On the Degrees of Freedom and Eigenfunctions of Line-of-Sight Holographic MIMO Communications

We consider a line-of-sight communication link between two holographic surfaces (HoloSs), and provide a closed-form expression for the effective degrees of freedom (eDoF), i.e., the number of orthogonal communication modes that can be established between them. The proposed framework can be applied to network deployments beyond the widely studied paraxial setting. This is obtained by partitioning the largest HoloS into sub-HoloSs, and proving that the supports of the Fourier transforms of the kernels of the obtained integral operators are limited and are almost disjoint in the wavenumber domain, provided that the sub-HoloSs are sufficiently small. Using the proposed approach, it is proved that (i) the eDoF correspond to an instance of Landau's second eigenvalue problem; (ii) the eigenvalues polarize asymptotically to multiple values; and (iii) the eDoF depend explicitly on the approximation accuracy according to Kolmogorov's n-width criterion. This result generalizes the analysis in the paraxial setting, in which it is known that the eigenvalues polarize asymptotically to two values.

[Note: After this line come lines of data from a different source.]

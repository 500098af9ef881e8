-- ===== src/Utils/Escapes.antt =====
-- Parts of `parse_ucn`, and that it reads back the name of every character (utils.rs).
use co.Prelude.{
  none-ne-some, ℕ, zero, suc, ◌+◌, ◌-◌, ◌*◌, ◌/◌, ◌%◌, ◌^◌, ◌<◌, ◌≤◌, ◌≡◌, refl, ap, sym, ◌∙◌, ◌⊎◌,
  inl, inr, true, false, Option, none, some, [], ◌∷◌, ◌++◌, Bytes, length, length-append, ltb, ◌==◌,
  if◌then◌else◌, append_assoc, Option-cases, append-nil, arith,
}
use co.Utils.Ucn.{hex_digit, ucn_value, char_from_u32, sized, parse_ucn}

-- Unicode scalar values.
abbrev pub IsScalar : ℕ → Type 0
IsScalar c = (c < 0xd800) ⊎ ((0xe000 ≤ c) × (c ≤ 0x10ffff))

char_from_u32-eq-some : (v : ℕ) {c : ℕ} → char_from_u32 v ≡ some c → (v ≡ c) × IsScalar c
unfolding char_from_u32
char_from_u32-eq-some v h = ground arith

pub sized-eq-some :
    (len : ℕ) (o : Option ℕ) (ch n : ℕ)
    → sized len o ≡ some (ch, n)
    → (o ≡ some ch) × (n ≡ len) × IsScalar ch
unfolding sized
sized-eq-some len none ch n h = cc
sized-eq-some len (some v) ch n h = ground arith

-- The branches of `parse_ucn`.
pub short_name :
    (b k : ℕ) (s : Bytes)
    → (b == b'\\') ≡ true
    → (k == b'u') ≡ true
    → sized 6 (ucn_value 4 0 s) ≡ parse_ucn (b ∷ k ∷ s)
short_name b k s e u = unfold parse_ucn in rw (e, u)

pub long_name :
    (b k : ℕ) (s : Bytes)
    → (b == b'\\') ≡ true
    → (k == b'u') ≡ false
    → (k == b'U') ≡ true
    → sized 10 (ucn_value 8 0 s) ≡ parse_ucn (b ∷ k ∷ s)
long_name b k s e u w = unfold parse_ucn in rw (e, u, w)

pub no_kind :
    (b k : ℕ) (s : Bytes)
    → (b == b'\\') ≡ true
    → (k == b'u') ≡ false
    → (k == b'U') ≡ false
    → parse_ucn (b ∷ k ∷ s) ≡ none
no_kind b k s e u w = unfold parse_ucn in rw (e, u, w)

pub no_name : (b k : ℕ) (s : Bytes) → (b == b'\\') ≡ false → parse_ucn (b ∷ k ∷ s) ≡ none
no_name b k s e = unfold parse_ucn in rw e

pub absurd_none {ℓ κ} : {A : Type ℓ} {B : Type κ} {a : A} → none ≡ some a → B
absurd_none h = absurd (none-ne-some h)

-- The last `n` hexadecimal digits of a number, in lower case.
abbrev pub hex_char : ℕ → ℕ
hex_char d = if ltb d 10 then d + b'0' else d - 10 + b'a'

abbrev pub hex : ℕ → ℕ → Bytes
hex zero c = []
hex (suc n) c = hex n (c / 16) ++ hex_char (c % 16) ∷ []

abbrev Fits : ℕ → ℕ → Type 0
Fits zero c = c ≡ 0
Fits (suc n) c = Fits n (c / 16)

length-hex : (n c : ℕ) → length (hex n c) ≡ n
length-hex zero c = refl
length-hex (suc n) c =
    omega (
      arith,
      length-hex n (c / 16),
      length-append {A = ℕ} (hex n (c / 16)) (hex_char (c % 16) ∷ []),
    )

hex_digit-hex_char : (d : ℕ) → d < 16 → hex_digit (hex_char d) ≡ some d
unfolding hex_digit
hex_digit-hex_char d h = ground arith

pub ucn_value_step :
    (n acc b e : ℕ) (s : Bytes)
    → hex_digit b ≡ some e
    → ucn_value (suc n) acc (b ∷ s) ≡ ucn_value n ((acc * 16 + e) % 2 ^ 32) s
unfolding ucn_value
ucn_value_step n acc b e s h = rw (h, ucn_value)

pub ucn_value_fail :
    (n acc b : ℕ) (s : Bytes) → hex_digit b ≡ none → ucn_value (suc n) acc (b ∷ s) ≡ none
unfolding ucn_value
ucn_value_fail n acc b s h = rw (h, ucn_value)

-- One more digit at the end.
ucn_value-concat :
    (n acc v d e : ℕ) (xs rest : Bytes)
    → length xs ≡ n
    → ucn_value n acc xs ≡ some v
    → hex_digit d ≡ some e
    → ucn_value (suc n) acc (xs ++ d ∷ rest) ≡ some ((v * 16 + e) % 2 ^ 32)
ucn_value-concat zero acc v d e [] rest l h k =
    ucn_value_step zero acc d e rest k ∙ unfold ucn_value in ground arith
ucn_value-concat (suc n) acc v d e [] rest l h k = absurd (omega arith)
ucn_value-concat zero acc v d e (x ∷ xs) rest l h k = absurd (omega arith)
ucn_value-concat (suc n) acc v d e (x ∷ xs) rest l h k = elim (Option-cases (hex_digit x)) [
  | inl none_x ↦ absurd_none (sym (ucn_value_fail n acc x xs none_x) ∙ h)
  | inr (f, some_x) ↦
      ucn_value_step (suc n) acc x f (xs ++ d ∷ rest) some_x
      ∙ ucn_value-concat n ((acc * 16 + f) % 2 ^ 32) v d e xs rest (omega arith)
          (sym (ucn_value_step n acc x f xs some_x) ∙ h) k
]

ucn_value-hex :
    (n c : ℕ) (rest : Bytes) → c < 2 ^ 32 → Fits n c → ucn_value n 0 (hex n c ++ rest) ≡ some c
ucn_value-hex zero c rest h f = unfold ucn_value in rw f
ucn_value-hex (suc n) c rest h f =
    let digits = hex n (c / 16) in
    rw (append_assoc digits (hex_char (c % 16) ∷ []) rest) (
      ucn_value-concat n 0 (c / 16) (hex_char (c % 16)) (c % 16) digits rest (length-hex n (c / 16))
        (rw append-nil at (ucn_value-hex n (c / 16) [] (omega arith) f))
        (hex_digit-hex_char (c % 16) (omega arith))
      ∙ ap some (omega arith))

pub sized_scalar : (len c : ℕ) → IsScalar c → sized len (some c) ≡ some (c, len)
unfolding sized
sized_scalar len c h = ground arith

-- `\u` with four digits names every character below U+10000, whatever text follows.
pub parse_ucn-hex_short :
    (c : ℕ) (rest : Bytes)
    → IsScalar c
    → c < 2 ^ 16
    → parse_ucn (b'\\' ∷ b'u' ∷ (hex 4 c ++ rest)) ≡ some (c, 6)
parse_ucn-hex_short c rest h short =
    sym (short_name b'\\' b'u' (hex 4 c ++ rest) refl refl)
    ∙ ap (sized 6) (ucn_value-hex 4 c rest (omega arith) (omega arith))
    ∙ sized_scalar 6 c h

-- `\U` with eight digits names every character, whatever text follows: the 32-bit accumulator never
-- wraps.
pub parse_ucn-hex_long :
    (c : ℕ) (rest : Bytes)
    → IsScalar c
    → parse_ucn (b'\\' ∷ b'U' ∷ (hex 8 c ++ rest)) ≡ some (c, 10)
parse_ucn-hex_long c rest h =
    sym (long_name b'\\' b'U' (hex 8 c ++ rest) refl refl refl)
    ∙ ap (sized 10) (ucn_value-hex 8 c rest (omega arith) (omega arith))
    ∙ sized_scalar 10 c h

In addition, it is proved that the typical method of analysis utilized in the paraxial setting, which is based on a parabolic approximation of the wavefront in a local coordinates system, is equivalent to a quartic approximation of the wavefront in a general coordinates system. This facilitates the derivation of an explicit formula for the eDoF in terms of key system parameters, including the relative offset between the center-points of the HoloSs, and their relative rotation and tilt. We specialize the framework to canonical network deployments, and provide analytical expressions for the optimal, according to Kolmogorov's n-width criterion, basis functions (communication waveforms) for data encoding and decoding.